Pertahankan Lahan Pertanian, Upaya Hukum Warga Kulonprogo Terbentur Aturan Baru MA

Ratusan orang tampak memenuhi halaman Pengadilan Tata Usaha Negara (PTUN) Yogyakarta pada Senin (18/4/16). Ternyata warga tergabung dalam Wahana Tri Tunggal (WTT) Kecamatan Temon, Kulonprogo, Yogyakarta. Mereka ingin Peninjauan Kembali putusan kasasi PTUN yang mengalahkan warga. Sayangnya, upaya PK patah setelah ada aturan terbaru dari Mahkamah Agung.

Pada putusan awal, warga menang, PTUN mengabulkan gugatan warga soal pencabutan penetapan lokasi pembangunan bandara di Kulonprogo tetapi kala kasasi kalah.

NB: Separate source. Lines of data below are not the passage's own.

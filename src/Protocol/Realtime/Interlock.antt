-- ===== src/Protocol/Realtime/Interlock.antt =====
-- The door interlock over a whole pass of `protocol_exec_rt_system` in protocol.c.
use g_carvin.Base.{ℕ, Bool, true, false, not, ◌≡◌, refl, ap, ◌∙◌, arith, if_ind, List, some}
use g_carvin.System.{Machine, ExecState, StepControl}
use g_carvin.System.Flags.{
  system_clear_exec_state_flag, system_clear_exec_motion_overrides,
  system_clear_exec_accessory_overrides,
}
use g_carvin.MotionControl.{coolant_stop}
use g_carvin.Protocol.Alarm.{Interrupt, alarm_block}
use g_carvin.Protocol.Override.{
  set_motion_overrides, motion_override_block, set_spindle_override, toggle_spindle_stop,
  coolant_set_state, toggle_coolant, accessory_override_block,
}
use g_carvin.Protocol.Hold.{is_alarm_or_check}
use g_carvin.Protocol.Door.{Parked, hold_block-Parked, start_block-Parked, stop_block-Parked}
use g_carvin.Protocol.DoorOpens.{
  Stopping, CancelsJog, hold_block-Stopping, start_block-Stopping, stop_block-Stopping,
}
use g_carvin.Protocol.Realtime.{
  count_report, status_block, prep_block, state_blocks, override_blocks, after_alarm,
  protocol_exec_rt_system,
}

-- Blocks that leave the state and the suspend byte alone.
pub record SameState (m n : Machine) : Type 0 where
  pub state : n.state ≡ m.state
  pub suspend : n.suspend ≡ m.suspend

SameState-refl : (m : Machine) → SameState m m
SameState-refl m = record { state = refl; suspend = refl }

pub SameState-trans : {a b c : Machine} → SameState a b → SameState b c → SameState a c
SameState-trans p q = record { state = q.state ∙ p.state; suspend = q.suspend ∙ p.suspend }

pub status_block-same : (rt : ExecState) (m : Machine) → SameState m (status_block rt m)
unfolding status_block system_clear_exec_state_flag count_report
status_block-same rt m = ground arith

clear_motion-same : (m : Machine) → SameState m (system_clear_exec_motion_overrides m)
unfolding system_clear_exec_motion_overrides
clear_motion-same m = ground arith

pub clear_accessory-same : (m : Machine) → SameState m (system_clear_exec_accessory_overrides m)
unfolding system_clear_exec_accessory_overrides
clear_accessory-same m = ground arith

set_motion_overrides-same : (f r : ℕ) (m : Machine) → SameState m (set_motion_overrides f r m)
unfolding set_motion_overrides
set_motion_overrides-same f r m = ground arith

pub set_spindle_override-same : (s : ℕ) (m : Machine) → SameState m (set_spindle_override s m)
unfolding set_spindle_override
set_spindle_override-same s m = ground arith

pub toggle_spindle_stop-same : (b : Bool) (m : Machine) → SameState m (toggle_spindle_stop b m)
unfolding toggle_spindle_stop
toggle_spindle_stop-same b m = ground arith

pub coolant_set_state-same : (b : Bool) (m : Machine) → SameState m (coolant_set_state b m)
unfolding coolant_set_state coolant_stop
coolant_set_state-same b m = ground arith

toggle_coolant-same : (b : Bool) (m : Machine) → SameState m (toggle_coolant b m)
unfolding toggle_coolant
toggle_coolant-same b m = ground (arith, coolant_set_state-same (not m.modal_coolant) m)

pub motion_override_block-same : (m : Machine) → SameState m (motion_override_block m)
unfolding motion_override_block
motion_override_block-same m =
    if_ind (SameState m) _ (SameState-trans (clear_motion-same m) (set_motion_overrides-same _ _ _))
      (SameState-refl m)

accessory_override_block-same : (m : Machine) → SameState m (accessory_override_block m)
unfolding accessory_override_block
accessory_override_block-same m =
    if_ind (SameState m) _
      (SameState-trans (clear_accessory-same m) (
        SameState-trans (set_spindle_override-same _ _)
          (SameState-trans (toggle_spindle_stop-same _ _) (toggle_coolant-same _ _))))
      (SameState-refl m)

module _ (prep : Machine → StepControl) where
  prep_block-same : (m : Machine) → SameState m (prep_block prep m)
  unfolding prep_block
  prep_block-same m = ground arith

  pub override_blocks-same : (m : Machine) → SameState m (override_blocks prep m)
  unfolding override_blocks
  override_blocks-same m =
      SameState-trans (motion_override_block-same m)
        (SameState-trans (accessory_override_block-same _) (prep_block-same _))

pub Parked-same : {m n : Machine} → SameState m n → Parked m → Parked n
Parked-same s p = ground arith

Stopping-same : {m n : Machine} → SameState m n → Stopping m → Stopping n
Stopping-same s p = ground arith

CancelsJog-same : {m n : Machine} → SameState m n → CancelsJog m → CancelsJog n
CancelsJog-same s c = ground arith

module _ (prep : Machine → StepControl) (arrivals : List Interrupt) (m : Machine) where
  -- With no alarm and no reset pending a pass is the state blocks and then the override blocks.
  pub pass_lem :
      m.exec_alarm ≡ 0
      → m.exec_state.reset ≡ false
      → protocol_exec_rt_system prep arrivals m
        ≡ some (override_blocks prep (state_blocks prep m.exec_state m))
  unfolding protocol_exec_rt_system alarm_block after_alarm
  pass_lem a r = rw (a, r)

  -- A machine that is parked at the open door, with no alarm and no reset pending, is still parked
  -- there after a pass of the realtime executor, whatever else was requested, cycle start included.
  pub Parked-stays :
      m.exec_alarm ≡ 0
      → m.exec_state.reset ≡ false
      → Parked m
      → (n : Machine) × (protocol_exec_rt_system prep arrivals m ≡ some n) × Parked n
  unfolding state_blocks
  Parked-stays a r p = (
    _,
    pass_lem a r,
    Parked-same (override_blocks-same prep _) (
        stop_block-Parked _ _ (
          start_block-Parked prep _ _
            (hold_block-Parked _ _ (Parked-same (status_block-same _ _) p)))),
  )

  -- When the door event is pending, with no alarm and no reset, in any state but the alarm and the
  -- check state, and no jog is marked as being cancelled outside the jog state, a pass of the realtime executor marks the door as ajar and leaves the machine in
  -- the door state, asleep, or in a jog that is being cancelled, even if a cycle start is pending.
  pub door_stops :
      m.exec_alarm ≡ 0
      → m.exec_state.reset ≡ false
      → m.exec_state.safety_door ≡ true
      → is_alarm_or_check m.state ≡ false
      → CancelsJog m
      → (n : Machine) × (protocol_exec_rt_system prep arrivals m ≡ some n) × Stopping n
  unfolding state_blocks
  door_stops a r d s c =
      let same = status_block-same m.exec_state m in
      (
        _,
        pass_lem a r,
        Stopping-same (override_blocks-same prep _) (
            stop_block-Stopping _ _ (
              start_block-Stopping prep _ _ d (
                hold_block-Stopping _ _ d (ap is_alarm_or_check same.state ∙ s)
                  (CancelsJog-same same c)))),
      )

Humas PTUN Yogyakarta Umar Dhani mengatakan, ada peraturan baru dari MA Nomor 2 Tahun 2016 tentang Pedoman Beracara Dalam Sengketa Penetapan Lokasi Pebangunan untuk Kepentingan Umum Pada Peradilan TUN.

Aturan itu, katanya,  menyebutkan, tak tersedia upaya hukum peninjauan kembali. Berkas PK,  tak bisa ditindaklanjuti karena gugatan diajukan setelah ada peraturan MA. “Mendaftarkan PK setelah Perma keluar, tak bisa diproses,” katanya.

Warga dan LBH Yogyakarta tetap mendaftarkan, tetapi ditolak. Kuasa Hukum warga, Yogi Zul Fadhli mengecam keras peraturan MA yang menutup akses jalan pencari keadilan. “Melalui norma hukum itu, hak asasi manusia, hak keadilan dilanggar negara,” katanya.

Dia kecewa dengan PTUN karena tak mengakomodir PK warga. Padahal,  sebelumnya pengadilan administrasi ini banyak mendapat apresiasi karena putusan progresif membatalkan Surat Keputusan Gubernur Yogyakarta soal penetapan lokasi pembangunan bandara Kulonprogo.

Semestinya, PTUN hanya menerima permohonan PK dan meneruskan ke MA. MA akan menilai apakah PK layak atau tidak. Sebab, katanya, sesuai asas, hakim tak boleh menolak perkara dengan alasan hukum tak ada, tak lengkap atau samar-samar. “Mau tak mau, perkara yang diajukan melalui upaya hukum luar biasa PK ini harus diterima dan ditindaklanjuti.”

 

Tanah produktif

Martono, Koordinator WTT mengatakan, salah satu alasan penolakan karena sebagian besar (80%) warga memiliki sertifikat tanah. Mayoritas sebagai petani. “Pemerintah, silakan membangun bandara di lahan gersang dan tak produktif. Lahan Temon produktif. Jika kebutuhan kepentingan publik, publik yang mana? Bertani juga kepentingan publik,” katanya.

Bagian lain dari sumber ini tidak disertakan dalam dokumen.